Appellate Review Flashcards
Final Judgement 1291 - Test
does the district court have anything left to do on the merits of the case? yes/no
yes, then it it snowed a final judgement (continue to interlocutory review).
no, the it is a fina judgement and you can appeal under 1291 by filing a notice of appeal within 30 days after the final judgment was entered.
Interlocutory Review
by Statute
by FRCP
Judge made (common law)
Interlocutory review by statute
1292(a) immediate appeal
1292(B) discretionary and requires:
1. agreement between district court and court of appeals.
2. If the district judge finds that the issue is a controlling question of law,
3. there is substantial grounds for difference of opinion
Interlocutory review by FRCP
23 court’s discretion
54 immediate appellate review, generally comes up when dealing with multiple claims and multiple parties.

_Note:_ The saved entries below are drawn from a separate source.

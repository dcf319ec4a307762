-- ===== src/Runtime/Faults.antt =====
-- What the owner does to its subscribers, and the transition to a fault: src/g3/market_runtime.cpp.
-- `clock` and `allocator` say what each call gives, by how many came before; `none` is an exception.
use binance_market_data_gate.Base.{
  ℕ, suc, false, ◌||◌, Option, none, some, List, [], ◌∷◌, ◌++◌, ltb, if◌then◌else◌, length,
  is_empty,
}
use binance_market_data_gate.Publication.Shared.{
  Shared, ConsumerGapReason, resume_not_available, RecoveryAction, request_new_snapshot,
  PublicationTime,
}
use binance_market_data_gate.Publication.Channel.Types.{is_closed, SubscriberChannel}
use binance_market_data_gate.Publication.Channel.Owner.{terminalize, close_from_owner}
use binance_market_data_gate.Runtime.Observed.{
  RuntimeState, buffering, awaiting_bridge, live, needs_resync, faulted, is_faulted, is_stopping,
  is_stopped, ProjectionStatus, awaiting_baseline, projection_awaiting_bridge, synchronized,
  projection_needs_resync, is_projection_needs_resync, ClockSample,
}
use binance_market_data_gate.Runtime.Projection.{ProjectionApi}
use binance_market_data_gate.Runtime.Types.{
  FaultReason, snapshot_faulted, IngressItem, snapshot_error, Observation, Runtime,
}
use binance_market_data_gate.Runtime.Calls.{answer_snapshot}

unfoldable pub state_for_projection : ProjectionStatus → RuntimeState
state_for_projection awaiting_baseline = buffering
state_for_projection projection_awaiting_bridge = awaiting_bridge
state_for_projection synchronized = live
state_for_projection projection_needs_resync = needs_resync

abbrev pub max_ticket : ℕ → ℕ → ℕ
max_ticket a b = if ltb a b then b else a

abbrev pub max_with : ℕ → Option ℕ → ℕ
max_with a none = a
max_with a (some b) = max_ticket a b

abbrev pub publication_time : Option ClockSample → Option PublicationTime
publication_time none = none
publication_time (some sample) =
    some (record { utc_ns = sample.utc_ns; monotonic_ns = some sample.monotonic_ns })

-- `value_or(g7::PublicationTime{})`.
abbrev pub time_or_zero : Option PublicationTime → PublicationTime
time_or_zero none = record { utc_ns = 0; monotonic_ns = none }
time_or_zero (some at) = at

module _ {Snapshot Update : Type 0} where
  unfoldable pub open_subscribers :
      List (Shared (SubscriberChannel Snapshot Update))
      → List (Shared (SubscriberChannel Snapshot Update))
  open_subscribers [] = []
  open_subscribers (ch ∷ chs) =
      let rest = open_subscribers chs in if is_closed ch.target.state then rest else ch ∷ rest

  unfoldable pub terminalize_each :
      ConsumerGapReason
      → RecoveryAction
      → Option ℕ
      → PublicationTime
      → List (Shared (SubscriberChannel Snapshot Update))
      → List (Shared (SubscriberChannel Snapshot Update))
  terminalize_each reason action generation at [] = []
  terminalize_each reason action generation at (ch ∷ chs) =
      record ch { target = (terminalize reason action generation at ch.target).1 }
      ∷ terminalize_each reason action generation at chs

  unfoldable pub close_each :
      List (Shared (SubscriberChannel Snapshot Update))
      → List (Shared (SubscriberChannel Snapshot Update))
  close_each [] = []
  close_each (ch ∷ chs) = record ch { target = close_from_owner ch.target } ∷ close_each chs

module _ {api : ProjectionApi} where
  unfoldable pub sweep_closed_subscribers : Runtime api → Runtime api
  sweep_closed_subscribers s = record s {
    subscribers = open_subscribers s.subscribers;
    observation = record s.observation {
      resident_subscription_count = length (open_subscribers s.subscribers);
    };
  }

  -- `refresh_projection_observation_locked`.
  unfoldable pub refreshed : Runtime api → Observation api
  refreshed s = record s.observation {
    projection_status = api.status s.projection;
    last_update_id = api.last_update_id s.projection;
    last_gap = api.last_gap s.projection;
    current_projection_generation = s.current_projection_generation;
  }

  -- `ingress_.back().ticket`.
  abbrev pub last_ticket : List (IngressItem api) → Option ℕ
  last_ticket [] = none
  last_ticket (i ∷ []) = some i.ticket
  last_ticket (i ∷ j ∷ is) = last_ticket (j ∷ is)

  -- The processed ticket after the mailbox has been discarded.
  abbrev pub drained : ℕ → List (IngressItem api) → ℕ
  drained processed items = max_with processed (last_ticket items)

  -- An empty mailbox stays as it is.
  unfoldable pub discard_ingress : Runtime api → Runtime api
  discard_ingress s = record s {
    processed_ticket = drained s.processed_ticket s.ingress;
    ingress = [];
    observation = record s.observation {
      ingress_occupancy = if is_empty s.ingress then s.observation.ingress_occupancy else 0;
    };
  }

  unfoldable pub projected_state : Runtime api → RuntimeState
  unfolding state_for_projection
  projected_state s =
      if is_faulted s.observation.state
        || is_stopping s.observation.state
        || is_stopped s.observation.state
      then s.observation.state
      else state_for_projection (api.status s.projection)

  unfoldable pub show_projection : Runtime api → Runtime api
  show_projection s = record s {
    observation = record (refreshed s) {
      bootstrap_occupancy = length s.bootstrap;
      state = projected_state s;
    };
  }

  unfoldable pub publish_projection_state : Runtime api → Runtime api
  unfolding show_projection discard_ingress
  publish_projection_state s =
      if is_projection_needs_resync (api.status s.projection)
      then discard_ingress (record (show_projection s) { accepting = false })
      else show_projection s

  unfoldable pub close_all_subscribers : Runtime api → Runtime api
  unfolding close_each
  close_all_subscribers s = record s {
    released = s.released ++ close_each s.subscribers;
    subscribers = [];
    observation = record s.observation { resident_subscription_count = 0 };
  }

module _ {api : ProjectionApi} (clock : ℕ → Option ClockSample) where
  unfoldable pub sample_publication_time : Runtime api → Option PublicationTime × Runtime api
  sample_publication_time s =
      (publication_time (clock s.clock_calls), record s { clock_calls = suc s.clock_calls })

  unfoldable pub terminalize_active_subscribers :
      ConsumerGapReason → RecoveryAction → Option ℕ → Runtime api → Runtime api
  unfolding sample_publication_time
  terminalize_active_subscribers reason action generation s =
      let (sampled, t) = sample_publication_time (sweep_closed_subscribers s) in
      record t {
        subscribers =
            terminalize_each reason action generation (time_or_zero sampled) t.subscribers;
      }

  unfoldable pub transition_to_fault :
      FaultReason → Option api.AdapterError → Runtime api → Runtime api
  transition_to_fault reason error s =
      let t =
        terminalize_active_subscribers resume_not_available request_new_snapshot
          s.current_projection_generation s in
      discard_ingress (record t {
        accepting = false;
        bootstrap = [];
        observation = record (refreshed t) {
          bootstrap_occupancy = 0;
          fault_reason = some reason;
          adapter_error = error;
          state = faulted;
        };
        snapshot_request = answer_snapshot (snapshot_error snapshot_faulted) t.snapshot_request;
      })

Interlocutory review: judge made
Collateral Order Rule: usually comes up in immunity cases (like 11th amendment). very narrow. must meet 3 elements:
1. This is an important issue and it is separate from the merits, AND
2. The court’s order completely resolves that issue, AND
3. That issue is effectively unreviewable if we have to wait to final judgment.

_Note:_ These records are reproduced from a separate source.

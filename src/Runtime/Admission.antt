-- ===== src/Runtime/Admission.antt =====
-- The owner's answer to a request for a subscription: `perform_admission_request` of
-- src/g3/market_runtime.cpp.
use binance_market_data_gate.Base.{
  ℕ, suc, Bool, not, ◌||◌, Option, none, some, List, [], ◌∷◌, ◌++◌, ◌==◌, leb, if◌then◌else◌,
  length, ◌-◌,
}
use binance_market_data_gate.Base.Words.{u64_max, add_u64}
use binance_market_data_gate.Base.Decimal.{to_string}
use binance_market_data_gate.Publication.Shared.{Shared, PublicationTime}
use binance_market_data_gate.Publication.Channel.Types.{PublicationRecord}
use binance_market_data_gate.Publication.Channel.Owner.{
  subscriber_channel, stage_initial, make_accepted_record, make_snapshot_record,
}
use binance_market_data_gate.Runtime.Observed.{ClockSample}
use binance_market_data_gate.Runtime.Projection.{Outcome, ProjectionApi, good, bad, threw}
use binance_market_data_gate.Runtime.Types.{
  SubscriptionAdmissionError, not_live, active_limit, invalid_depth_limit, shutting_down,
  clock_error, id_exhausted, internal_error, AdmissionRequest, Channel, SubscriptionAdmissionResult,
  accepted_subscription, admission_error, Runtime,
}
use binance_market_data_gate.Runtime.Requests.{is_healthy}
use binance_market_data_gate.Runtime.Faults.{sweep_closed_subscribers, sample_publication_time}

-- `std::string{"ob-"} + std::to_string(n)`.
abbrev pub subscription_id : ℕ → List ℕ
subscription_id n = 111 ∷ 98 ∷ 45 ∷ to_string n

-- `DepthLimit::create` on the limit, where there is one; `none` is an invalid limit.
abbrev depth_options {ℓ} : {A : Type ℓ} → (ℕ → Option A) → Option ℕ → Option (Option A)
depth_options create none = some none
depth_options create (some bits) = elim (create bits) [
  | none ↦ none
  | some limit ↦ some (some limit)
]

module _ {api : ProjectionApi} where
  -- `complete_admission_request`; the request has left the queue and has no result.
  unfoldable pub complete_admission :
      AdmissionRequest → SubscriptionAdmissionResult api → Runtime api → Runtime api
  complete_admission request result s =
      let pending = if s.pending_admission_count == 0 then 0 else s.pending_admission_count - 1 in
      record s {
        answers = s.answers ++ ((request.id, result) ∷ []);
        pending_admission_count = pending;
        observation = record s.observation { pending_admission_count = pending };
      }

  -- The two checks under the lock; `none` is a pass.
  unfoldable pub admission_gate : Runtime api → Option SubscriptionAdmissionError
  admission_gate s =
      if not s.publication_admission_open
        || s.publication_shutdown_requested
        || s.stop_requested
        || s.is_over
      then some shutting_down
      else if not (is_healthy s.observation)
      then some not_live
      else none

  -- The second of those checks and the commit.
  unfoldable pub commit_channel :
      Option SubscriptionAdmissionError
      → AdmissionRequest
      → Shared (Channel api)
      → Runtime api
      → Runtime api
  unfolding complete_admission
  commit_channel (some error) request channel s =
      complete_admission request (admission_error error) s
  commit_channel none request channel s =
      complete_admission request (accepted_subscription channel) (record s {
        subscribers = s.subscribers ++ (channel ∷ []);
        next_subscription_id = add_u64 s.next_subscription_id 1;
        observation = record s.observation {
          resident_subscription_count = length (s.subscribers ++ (channel ∷ []));
        };
      })

  -- From what `stage_initial` gives. `address` is that of the channel.
  unfoldable pub commit_admission :
      ℕ → AdmissionRequest → Bool × Channel api → Runtime api → Runtime api
  unfolding commit_channel admission_gate
  commit_admission address request (staged, channel) s =
      if not staged
      then complete_admission request (admission_error active_limit) s
      else commit_channel (admission_gate s) request
          (record { address = address; target = channel }) s

  -- From the channel and its two records; `none` is a constructor that threw, or `std::bad_alloc`.
  unfoldable pub admit_channel :
      (address : Option ℕ)
      → (channel : Option (Channel api))
      → (accepted book : Option
          (Shared (PublicationRecord api.BookSnapshot (Shared api.DepthUpdate))))
      → AdmissionRequest
      → Runtime api
      → Runtime api
  unfolding commit_admission
  admit_channel none channel accepted book request s =
      complete_admission request (admission_error internal_error) s
  admit_channel (some address) none accepted book request s =
      complete_admission request (admission_error internal_error) s
  admit_channel (some address) (some channel) none book request s =
      complete_admission request (admission_error internal_error) s
  admit_channel (some address) (some channel) (some accepted) none request s =
      complete_admission request (admission_error internal_error) s
  admit_channel (some address) (some channel) (some accepted) (some book) request s =
      commit_admission address request (stage_initial (some accepted) (some book) channel) s

module _ {api : ProjectionApi} (allocator : ℕ → Option ℕ) where
  -- From the snapshot on, with three calls of `std::make_shared`.
  unfoldable pub admit_book :
      AdmissionRequest
      → PublicationTime
      → Outcome api.AdapterError api.BookSnapshot
      → Runtime api
      → Runtime api
  unfolding admit_channel
  admit_book request at threw s = complete_admission request (admission_error internal_error) s
  admit_book request at (bad error) s =
      complete_admission request
        (admission_error
          (if api.is_invalid_depth_limit error then invalid_depth_limit else internal_error))
        s
  admit_book request at (good book) s =
      let id = subscription_id s.next_subscription_id in
      let gateway = request.subscription.gateway_instance_id in
      let k = s.allocations in
      admit_channel (allocator k)
        (subscriber_channel id gateway s.limits.publication.ordinary_queue_capacity)
        (make_accepted_record (allocator (suc k)) request.subscription.request_id id gateway at)
        (make_snapshot_record (allocator (suc (suc k))) book s.current_projection_generation at)
        request (record s { allocations = suc (suc (suc k)) })

  -- From the sampled time on.
  unfoldable pub admit_sampled :
      AdmissionRequest → Option api.DepthLimit → Option PublicationTime → Runtime api → Runtime api
  unfolding admit_book
  admit_sampled request depth none s = complete_admission request (admission_error clock_error) s
  admit_sampled request depth (some at) s =
      if s.next_subscription_id == u64_max
      then complete_admission request (admission_error id_exhausted) s
      else admit_book request at
          (api.make_local_order_book_snapshot s.projection
            (record {
              identity = s.expected_identity;
              producer = "gateway-g7-publication";
              producer_version = "1.0.0";
              generated_utc_ns = at.utc_ns;
              generated_monotonic_ns = at.monotonic_ns;
            })
            depth)
          s

module _ {api : ProjectionApi} (clock : ℕ → Option ClockSample) (allocator : ℕ → Option ℕ) where
  -- From the depth limit on.
  unfoldable pub admit_limited :
      AdmissionRequest → Option (Option api.DepthLimit) → Runtime api → Runtime api
  unfolding admit_sampled sample_publication_time
  admit_limited request none s = complete_admission request (admission_error invalid_depth_limit) s
  admit_limited request (some depth) s =
      let (sampled, t) = sample_publication_time clock s in
      admit_sampled allocator request depth sampled t

  -- From the first of the checks on.
  unfoldable pub admit_gated :
      Option SubscriptionAdmissionError → AdmissionRequest → Runtime api → Runtime api
  unfolding admit_limited
  admit_gated (some error) request s = complete_admission request (admission_error error) s
  admit_gated none request s =
      if leb s.limits.publication.maximum_active_subscriptions (length s.subscribers)
      then complete_admission request (admission_error active_limit) s
      else admit_limited request
          (depth_options api.create_depth_limit request.subscription.depth_limit) s

  -- Without the hook that tests install.
  unfoldable pub perform_admission_request : AdmissionRequest → Runtime api → Runtime api
  unfolding admit_gated
  perform_admission_request request s =
      let t = sweep_closed_subscribers s in admit_gated (admission_gate t) request t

even if you meet al 3 requirements it is up to the court’s discretion.
Standard of Review
question of law
question of facts
discretionary matters
Question law
De Nevo
no deference to what the district judge does. The court of appeals simply substitutes its own interpretation of the law.
Question of facts
if the question of fact was decided by the judge, the court of appeals will affirm unless it was clearly erroneous. BUT if the questions of facts were decided by the jury there is even a greater deference, and the court of appeals must affirm unless no reasonable juror could have made that conclusion.
discretionary matters
Many decisions a trial judge makes are left to her discretion (for example, whether to consolidate or sever cases, whether to grant leave to amend a pleading, etc.). On appeal, the standard of review is whether the judge “abused her discretion” in making her decision. This means that the judge’s ruling will not be overturned on appeal unless is it plainly wrong or without an appropriate basis.